**Exercise description:** Find every line in the records below that contains "lower", and copy it.

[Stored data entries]
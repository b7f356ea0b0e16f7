-- ===== src/RateLimit/Exact.antt =====
-- When app/core/ratelimit.py refuses a call: its deque beside the calls that were let through.
use intelli_study_planner_br.Base.{
  ℕ, ◌+◌, ◌≤◌, ◌≡◌, refl, Bool, true, false, not, ◌∙◌, List, [], ◌∷◌, ◌++◌, Text, arith, ltb, leb,
  length, inl, inr, if◌then◌else◌, text_beq, text_beq_iff, Bool-cases,
}
use mathlib.Core.List.{append-nil, append_assoc}
use intelli_study_planner_br.RateLimit.{RateLimiter, create, expire, allow, granted, run}
use intelli_study_planner_br.RateLimit.Window.{
  in_window, in_window-append, expire-eq, Ordered, allow_lem, allow_settings, allow_self,
  allow_other,
}

-- Times that do not go back, from `lo` up to `now`.
abbrev Chain : ℕ → ℕ → List ℕ → Type 0
Chain lo now [] = lo ≤ now
Chain lo now (x ∷ xs) = (lo ≤ x) × Chain x now xs

Chain-later : (lo now next : ℕ) (xs : List ℕ) → now ≤ next → Chain lo now xs → Chain lo next xs
Chain-later lo now next [] h c = omega arith
Chain-later lo now next (x ∷ xs) h c = (c.0, Chain-later x now next xs h c.1)

Chain-lower : (lo lo' now : ℕ) (xs : List ℕ) → lo' ≤ lo → Chain lo now xs → Chain lo' now xs
Chain-lower lo lo' now [] h c = omega arith
Chain-lower lo lo' now (x ∷ xs) h c = (omega arith, c.1)

Chain-snoc : (lo now : ℕ) (xs : List ℕ) → Chain lo now xs → Chain lo now (xs ++ now ∷ [])
Chain-snoc lo now [] c = (c, omega arith)
Chain-snoc lo now (x ∷ xs) c = (c.0, Chain-snoc x now xs c.1)

Chain-expire : (w at lo now : ℕ) (xs : List ℕ) → Chain lo now xs → Chain lo now (expire w at xs)
unfolding expire
Chain-expire w at lo now [] c = c
Chain-expire w at lo now (x ∷ xs) c = elim (Bool-cases (ltb (x + w) at)) [
  | inl h ↦ rw h (Chain-lower x lo now _ c.0 (Chain-expire w at x now xs c.1))
  | inr h ↦ rw h c
]

Chain-le : (lo now : ℕ) (xs : List ℕ) → Chain lo now xs → lo ≤ now
Chain-le lo now [] c = c
Chain-le lo now (x ∷ xs) c = omega (arith, Chain-le x now xs c.1)

in_window-live :
    (w lo now : ℕ) (xs : List ℕ) → now ≤ lo + w → Chain lo now xs → in_window w now xs ≡ length xs
in_window-live w lo now [] h c = refl
in_window-live w lo now (x ∷ xs) h c = ground (arith, in_window-live w x now xs, Chain-le x now xs)

in_window-expire :
    (w lo now : ℕ) (xs : List ℕ)
    → Chain lo now xs
    → in_window w now (expire w now xs) ≡ length (expire w now xs)
unfolding expire
in_window-expire w lo now [] c = refl
in_window-expire w lo now (x ∷ xs) c = elim (Bool-cases (ltb (x + w) now)) [
  | inl h ↦ rw h (in_window-expire w x now xs c.1)
  | inr h ↦ rw h (in_window-live w x now (x ∷ xs) (ground arith) (omega arith, c.1))
]

if_same {ℓ} : {A : Type ℓ} (b : Bool) {x : A} → (if b then x else x) ≡ x
if_same true = refl
if_same false = refl

append-if :
    (b : Bool) (past : List ℕ) (at : ℕ) (later : List ℕ)
    → (if b then past ++ at ∷ [] else past) ++ later ≡ past ++ (if b then at ∷ later else later)
append-if true past at later = append_assoc past (at ∷ []) later
append-if false past at later = refl

module _ (n w : ℕ) (key : Text) where
  -- The deque of the key, against the times `past` at which its calls were let through.
  record Inv (l : RateLimiter) (now : ℕ) (past : List ℕ) : Type 0 where
    cap : l.limit ≡ n
    span : l.window ≡ w
    chain : Chain 0 now (l.hits key)
    same : (t : ℕ) → now ≤ t → in_window w t (l.hits key) ≡ in_window w t past

  module _ (l : RateLimiter) (now at : ℕ) (past : List ℕ) (inv : Inv l now past)
      (le : now ≤ at) where
    abbrev kept : List ℕ
    kept = expire w at (l.hits key)

    Chain-kept : Chain 0 at kept
    Chain-kept =
        Chain-expire w at 0 at (l.hits key) (Chain-later 0 now at (l.hits key) le inv.chain)

    same_kept : (t : ℕ) → at ≤ t → in_window w t kept ≡ in_window w t past
    same_kept t h = omega (arith, expire-eq w at t (l.hits key) h, inv.same t (omega arith))

    -- A call for the key is let through exactly when its window has room.
    allow_exact : (allow key at l).0 ≡ not (leb n (in_window w at past))
    allow_exact = rw (
      allow_lem key at l,
      inv.cap,
      inv.span,
      ← in_window-expire w 0 at (l.hits key) (Chain-later 0 now at (l.hits key) le inv.chain),
      same_kept at (omega arith),
    )

    Inv-other : (k : Text) → text_beq k key ≡ false → Inv (allow k at l).1 at past
    Inv-other k h = record {
      cap = (allow_settings k at l).0 ∙ inv.cap;
      span = (allow_settings k at l).1 ∙ inv.span;
      chain = rw (allow_other k at l key h) (Chain-later 0 now at (l.hits key) le inv.chain);
      same = λ t g. rw (allow_other k at l key h) (inv.same t (omega arith));
    }

    ok_of : (full : Bool) → leb n (length kept) ≡ full → (allow key at l).0 ≡ not full
    ok_of full h = rw (allow_lem key at l, inv.cap, inv.span, h)

    hits_of :
        (full : Bool)
        → leb n (length kept) ≡ full
        → (allow key at l).1.hits key ≡ (if full then kept else kept ++ at ∷ [])
    hits_of full h = rw (allow_self key at l, inv.cap, inv.span, h)

    Inv-next :
        (full : Bool)
        → leb n (length kept) ≡ full
        → Inv (allow key at l).1 at (if full then past else past ++ at ∷ [])
    Inv-next true h = record {
      cap = (allow_settings key at l).0 ∙ inv.cap;
      span = (allow_settings key at l).1 ∙ inv.span;
      chain = rw (hits_of true h) Chain-kept;
      same = λ t g. rw (hits_of true h) (same_kept t g);
    }
    Inv-next false h = record {
      cap = (allow_settings key at l).0 ∙ inv.cap;
      span = (allow_settings key at l).1 ∙ inv.span;
      chain = rw (hits_of false h) (Chain-snoc 0 at kept Chain-kept);
      same = λ t g. rw (hits_of false h) (
          omega (
            arith,
            in_window-append w t kept (at ∷ []),
            in_window-append w t past (at ∷ []),
            same_kept t g,
          ));
    }

    Inv-self : Inv (allow key at l).1 at (if (allow key at l).0 then past ++ at ∷ [] else past)
    Inv-self = elim (Bool-cases (leb n (length kept))) [
      | inl h ↦ rw (ok_of true h) (Inv-next true h)
      | inr h ↦ rw (ok_of false h) (Inv-next false h)
    ]

  exact :
      (calls : List (Text × ℕ)) (l : RateLimiter) (from now : ℕ) (past : List ℕ)
      → Inv l from past
      → Ordered from (calls ++ (key, now) ∷ [])
      → (allow key now (run l calls)).0
        ≡ not (leb n (in_window w now (past ++ granted key l calls)))
  unfolding run granted
  exact [] l from now past inv ord = rw append-nil (allow_exact l from now past inv ord.0)
  exact ((k, at) ∷ calls) l from now past inv ord = elim (Bool-cases (text_beq k key)) [
    | inr other ↦
        rw (other, if_same (allow k at l).0)
          (exact calls (allow k at l).1 at now past (Inv-other l from at past inv ord.0 k other)
            ord.1)
    | inl same ↦
        rw
          (
            (text_beq_iff k key).0 same,
            (text_beq_iff key key).1 refl,
            ← append-if (allow key at l).0 past at (granted key (allow key at l).1 calls),
          )
          (exact calls (allow key at l).1 at now _ (Inv-self l from at past inv ord.0) ord.1)
  ]

-- The calls are for any keys, at times that never go back; then the call for `key` at `now` is let
-- through exactly when fewer than `limit` calls for that key were let through in the window that
-- ends at `now`.
pub allow-exact :
    (limit window : ℕ) (key : Text) (calls : List (Text × ℕ)) (now : ℕ)
    → Ordered 0 (calls ++ (key, now) ∷ [])
    → (allow key now (run (create limit window) calls)).0
      ≡ not (leb limit (in_window window now (granted key (create limit window) calls)))
unfolding create
allow-exact limit window key calls now ord =
    exact limit window key calls (create limit window) 0 now []
      (record { cap = refl; span = refl; chain = omega arith; same = λ t h. refl }) ord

**Written solution:**
Chain-lower : (lo lo' now : ℕ) (xs : List ℕ) → lo' ≤ lo → Chain lo now xs → Chain lo' now xs
Chain-lower lo lo' now [] h c = omega arith
Chain-lower lo lo' now (x ∷ xs) h c = (omega arith, c.1)
  | inl h ↦ rw h (Chain-lower x lo now _ c.0 (Chain-expire w at x now xs c.1))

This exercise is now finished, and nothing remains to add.